Der Song ist neu, wenige Tage alt. Gordan haben gerade ein drittes Album aufgenommen, erzählt Spajić in ihrer tiefen Stimme. Sie singt, auch wenn sie spricht. Erst der dritte Song, „The Bell Is Buzzing“, kommt vom aktuellen Album. Tatsächlich summt die Glocke.
Auch „Oh My Rose Flowers“, Gordan verwenden zum Teil englische Titel, Spajić singt aber konsequent serbisch, ist ein Liebeslied. Die hat nicht nur schwache Worte, und jetzt bringt Stecher wieder die Kette zum Einsatz, greift zu den Paukenschlegeln und trommelt die Floor Tom via umgedrehtes Metallbecken. Möbius webt den Geräuschteppich mit Frequenzen aus dem Mikrofon. Im nächsten Song greift er zum Geigenbogen.
Blood, Sweat and Tears
„How A Mountain Fairy Divided The Two Jakšić Brothers“, der ultimative Popsong der Südslawen zwischen dem 15. und 18. Jahrhundert, mutet wie eine alte Balkanfabel an und ist die eines Brudermords. „Blood, sweat and tears“, kommentiert Spajić. Auch das ist nicht von gestern. Bei Gordan geht es um Liebe und Katastrophen, um Menschen innerhalb der großen Geschichte.
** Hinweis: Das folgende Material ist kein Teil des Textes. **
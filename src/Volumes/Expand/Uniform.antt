-- ===== src/Volumes/Expand/Uniform.antt =====
-- What an expansion does to the subvolumes and to the number of bricks.
use mathlib.Core.List.{◌++◌ as append}
use glusterd.Prelude.{ℕ, suc, ◌+◌, ◌%◌, ◌≡◌, refl, ap, List, [], ◌∷◌, map, length, if◌then◌else◌}
use glusterd.Volumes.{Brickinfo, Subvol}
use glusterd.Volumes.Expand.{adds_subvolumes, with_replica_count}

-- A subvolume that an expansion made of so many bricks: all its counts are zero.
pub record IsAdded (count : ℕ) (s : Subvol) : Type 0 where
  pub size : length s.bricks ≡ count
  pub no_arbiter : s.arbiter_count ≡ 0
  pub no_disperse : s.disperse_count ≡ 0
  pub no_redundancy : s.redundancy_count ≡ 0

-- The bricks that the division of the new ones into subvolumes leaves over.
pub left_over : List Brickinfo → ℕ → Subvol → ℕ
left_over bricks new_count first =
    if adds_subvolumes new_count first then length bricks % (new_count + first.arbiter_count) else 0

length-with_subvols :
    (n : ℕ) (xs : List Subvol) → length (map (with_replica_count n) xs) ≡ length xs
length-with_subvols n [] = refl
length-with_subvols n (x ∷ xs) = ap suc (length-with_subvols n xs)
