-- ===== src/Memory/Phys.antt =====
-- kernel/src/memory/phys.rs: the allocator of physical frames over a bitmap.
-- `none` is a panic: an index past the bitmap. The counters wrap as a `usize` does.
pub mod Bitmap
pub mod Count
pub mod Alloc
pub mod Init
use mathlib.Core.Option
use nonameos.Prelude.{
  ℕ, zero, suc, ◌+◌, ◌-◌, ◌*◌, ◌/◌, ◌%◌, min, Bool, true, false, List, Option, none, some,
  get_elem?, set, ◌>>=◌, replicate, usize_mod, add_usize, sub_usize,
}
use nonameos.Prelude.Bits.{set_bit_of, clear_bit_of, test_bit_of}
use nonameos.Memory.{page_size, align_up}

abbrev pub max_frames : ℕ
max_frames = 131072

abbrev pub bitmap_size : ℕ
bitmap_size = max_frames / 8

-- The static variables BITMAP, TOTAL_FRAMES and FREE_FRAMES.
pub record Phys : Type 0 where
  pub bitmap : List ℕ
  pub total_frames : ℕ
  pub free_frames : ℕ

cleared : ℕ → Phys
cleared size = record { bitmap = replicate size 0; total_frames = 0; free_frames = 0 }

-- The `.bss` section at boot.
pub boot : Phys
unfolding cleared
boot = cleared bitmap_size

unfoldable pub set_bit : ℕ → Phys → Option Phys
set_bit frame p = do
  byte ← get_elem? p.bitmap (frame / 8)
  some (record p { bitmap = set p.bitmap (frame / 8) (set_bit_of byte (frame % 8)) })

pub clear_bit : ℕ → Phys → Option Phys
clear_bit frame p = do
  byte ← get_elem? p.bitmap (frame / 8)
  some (record p { bitmap = set p.bitmap (frame / 8) (clear_bit_of byte (frame % 8)) })

unfoldable pub test_bit : ℕ → Phys → Option Bool
test_bit frame p = do byte ← get_elem? p.bitmap (frame / 8); some (test_bit_of byte (frame % 8))

abbrev pub addr_to_frame : ℕ → ℕ
addr_to_frame addr = addr / page_size

abbrev pub frame_to_addr : ℕ → ℕ
frame_to_addr frame = frame * page_size

-- `FREE_FRAMES -= 1` and `FREE_FRAMES += 1`.
abbrev pub take_one : Phys → Phys
take_one p = record p { free_frames = sub_usize p.free_frames 1 }

abbrev pub give_one : Phys → Phys
give_one p = record p { free_frames = add_usize p.free_frames 1 }

-- `for i in i..i + n { set_bit(i); FREE_FRAMES -= 1; }`
pub reserve : ℕ → ℕ → Phys → Option Phys
reserve zero i p = some p
reserve (suc n) i p = do q ← set_bit i p; reserve n (i + 1) (take_one q)

-- `for i in i..i + n { if !test_bit(i) { set_bit(i); FREE_FRAMES -= 1; } }`
pub reserve_clear : ℕ → ℕ → Phys → Option Phys
reserve_clear zero i p = some p
reserve_clear (suc n) i p = do
  used ← test_bit i p
  q ← elim used [ true ↦ some p | false ↦ Option.map take_one (set_bit i p) ]
  reserve_clear n (i + 1) q

pub init : ℕ → ℕ → ℕ → Phys → Option Phys
init memory_size kernel_start kernel_end p = do
  let total = min (memory_size / page_size) max_frames
  let reserved_frames = align_up (1024 * 1024) page_size / page_size
  let kstart_frame = addr_to_frame kernel_start
  let kend_frame = addr_to_frame (align_up kernel_end page_size)
  q ← reserve reserved_frames 0 (record p { total_frames = total; free_frames = total })
  reserve_clear (kend_frame - kstart_frame) kstart_frame q

-- The scan of `alloc_frame` over the frames `i..i + n`.
unfoldable pub alloc_from : ℕ → ℕ → Phys → Option (Option ℕ × Phys)
alloc_from zero i p = some (none, p)
alloc_from (suc n) i p = do
  used ← test_bit i p
  elim used [
    | true ↦ alloc_from n (i + 1) p
    | false ↦ Option.map (λ q. (some (frame_to_addr i), take_one q)) (set_bit i p)
  ]

unfoldable pub alloc_frame : Phys → Option (Option ℕ × Phys)
alloc_frame p = alloc_from p.total_frames 0 p

pub free_frame : ℕ → Phys → Option Phys
free_frame addr p = do
  used ← test_bit (addr_to_frame addr) p
  elim used [ true ↦ Option.map give_one (clear_bit (addr_to_frame addr) p) | false ↦ some p ]

pub free_memory_kb : Phys → ℕ
free_memory_kb p = p.free_frames * (page_size / 1024) % usize_mod

pub total_memory_kb : Phys → ℕ
total_memory_kb p = p.total_frames * (page_size / 1024) % usize_mod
„Gastarbeitersongs“, meint Spajić, als sie zwei weitere neue Stücke ansagt. Sie singt von Erinnerungen an das Dorf, die D-Mark und vom schwarzen Mercedes. In der Kantine ist mittlerweile eine Sause gestiegen. Nicht nur die Muttersprachler sind aus dem Häuschen. „Još jedno“, noch eins, ruft einer. Drei Zugaben werden Gordan geben. Vorher sagt Spajić dem Rufer, er könne dem Publikum die Texte des Abends übersetzen.
In „Barabinska“, Auftaktsong vom aktuellen Album, tritt ein Herumtreiber auf. Man hört den Typen förmlich durch die Nacht oder den Morgen schwanken. Und irgendwie ist der Vogel, woher oder wohin auch immer es ihn zieht, unwiderstehlich. Den Schlusspunkt setzt ein Hochzeitslied.
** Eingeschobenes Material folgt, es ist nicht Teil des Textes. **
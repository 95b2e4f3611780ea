-- ===== src/Memory/Phys/Bitmap.antt =====
-- The bitmap as a predicate on frames: what the three bit operations read and write.
use nonameos.Prelude.{
  ℕ, ◌/◌, ◌%◌, ◌<◌, ◌≡◌, refl, ap, ◌∙◌, ◌≢◌, Bool, true, false, some, arith, length, get_or, set,
  length-set, get_or-set, get_or-set_ne, get_elem?-eq-get_or, ◌==◌, if◌then◌else◌, inl, inr,
  Bool-cases, eq_of_test,
}
use nonameos.Prelude.Bits.{
  set_bit_of, clear_bit_of, test_bit_of, test-set, test-clear, set_bit_of-lt, clear_bit_of-lt,
}
use nonameos.Memory.Phys.{Phys, max_frames, bitmap_size, set_bit, clear_bit, test_bit}

-- The byte that holds a frame's bit.
abbrev byte_of : Phys → ℕ → ℕ
byte_of p frame = get_or p.bitmap (frame / 8) 0

-- The frame's bit is 1.
unfoldable pub used : Phys → ℕ → Bool
used p frame = test_bit_of (byte_of p frame) (frame % 8)

-- The array has its size, and every entry is a byte.
pub record IsBitmap (p : Phys) : Type 0 where
  pub size : length p.bitmap ≡ bitmap_size
  pub bytes : (k : ℕ) → get_or p.bitmap k 0 < 256

index-lt : (p : Phys) (frame : ℕ) → IsBitmap p → frame < max_frames → frame / 8 < length p.bitmap
index-lt p frame v h = omega (arith, v.size)

pub test_bit_lem :
    (p : Phys) (frame : ℕ)
    → IsBitmap p
    → frame < max_frames
    → test_bit frame p ≡ some (used p frame)
unfolding test_bit used
test_bit_lem p frame v h =
    ground (arith, get_elem?-eq-get_or p.bitmap (frame / 8) 0 (index-lt p frame v h))

-- What a write of one byte does to the predicate.
module _ (p : Phys) (v : IsBitmap p) (frame byte : ℕ) (h : frame < max_frames)
    (small : byte < 256) where
  abbrev written : Phys
  written = record p { bitmap = set p.bitmap (frame / 8) byte }

  written-IsBitmap : IsBitmap written
  written-IsBitmap = record {
    size = length-set p.bitmap (frame / 8) byte ∙ v.size;
    bytes = λ k.
        ground (arith, v.bytes k, get_or-set p.bitmap (frame / 8) k byte 0 (index-lt p frame v h));
  }

  -- A frame of another byte.
  used-elsewhere : (g : ℕ) → frame / 8 ≢ g / 8 → used written g ≡ used p g
  unfolding used
  used-elsewhere g ne =
      ap (λ b. test_bit_of b (g % 8)) (get_or-set_ne p.bitmap (frame / 8) (g / 8) byte 0 ne)

  -- A frame of the same byte.
  used-here : (g : ℕ) → frame / 8 ≡ g / 8 → used written g ≡ test_bit_of byte (g % 8)
  unfolding used
  used-here g e =
      ap (λ b. test_bit_of b (g % 8))
        (ground (arith, get_or-set p.bitmap (frame / 8) (g / 8) byte 0 (index-lt p frame v h)))

  used-update :
      (bit : Bool)
      → ((c : ℕ)
          → c < 8
          → test_bit_of byte c
            ≡ (if (frame % 8) == c then bit else test_bit_of (byte_of p frame) c))
      → (g : ℕ) → used written g ≡ (if frame == g then bit else used p g)
  unfolding used
  used-update bit law g = elim (Bool-cases (frame / 8 == g / 8)) [
    | inl same ↦ ground (
      arith,
      used-here g (ground arith),
      law (g % 8) (omega arith),
      ap (λ k. get_or p.bitmap k 0) (eq_of_test (frame / 8) (g / 8) same),
    )
    | inr other ↦ ground (arith, used-elsewhere g (ground arith))
  ]

-- The outcome of a bit operation: `frame`'s bit is `bit`, and all else is as it was.
pub record Wrote (p : Phys) (frame : ℕ) (bit : Bool) (q : Phys) : Type 0 where
  pub still : IsBitmap q
  pub update : (g : ℕ) → used q g ≡ (if frame == g then bit else used p g)
  pub total : q.total_frames ≡ p.total_frames
  pub free : q.free_frames ≡ p.free_frames

module _ (p : Phys) (v : IsBitmap p) (frame : ℕ) (h : frame < max_frames) where
  pub set_bit_lem : (q : Phys) × (set_bit frame p ≡ some q) × Wrote p frame true q
  unfolding set_bit
  set_bit_lem = (
    written p v frame (set_bit_of (byte_of p frame) (frame % 8)) h small,
    ground (arith, get_elem?-eq-get_or p.bitmap (frame / 8) 0 (index-lt p frame v h)),
    record {
      still = written-IsBitmap p v frame _ h small;
      update =
          used-update p v frame _ h small true (test-set _ (frame % 8) (v.bytes _) (omega arith));
      total = refl;
      free = refl;
    },
  )
    where
      small : set_bit_of (byte_of p frame) (frame % 8) < 256
      small = set_bit_of-lt (byte_of p frame) (frame % 8) (v.bytes _) (omega arith)

  pub clear_bit_lem : (q : Phys) × (clear_bit frame p ≡ some q) × Wrote p frame false q
  unfolding clear_bit
  clear_bit_lem = (
    written p v frame (clear_bit_of (byte_of p frame) (frame % 8)) h small,
    ground (arith, get_elem?-eq-get_or p.bitmap (frame / 8) 0 (index-lt p frame v h)),
    record {
      still = written-IsBitmap p v frame _ h small;
      update =
          used-update p v frame _ h small false
            (test-clear _ (frame % 8) (v.bytes _) (omega arith));
      total = refl;
      free = refl;
    },
  )
    where
      small : clear_bit_of (byte_of p frame) (frame % 8) < 256
      small = clear_bit_of-lt (byte_of p frame) (frame % 8) (v.bytes _) (omega arith)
Dann entlässt die Kantine ihre Gäste in die Nacht. Draußen ist immer noch Friedrichshain. Die Schlange vor dem Berghain-Palast hat sich halbiert. „Kommt doch auch einmal zu uns/ Unser Lied ist ein schöner Schrei“, möchte man mit Miodrag Pavlović, auch er aus Belgrad, den wartenden Pilgern zurufen.
Der nächste Zug Richtung Donau und Save geht morgen früh.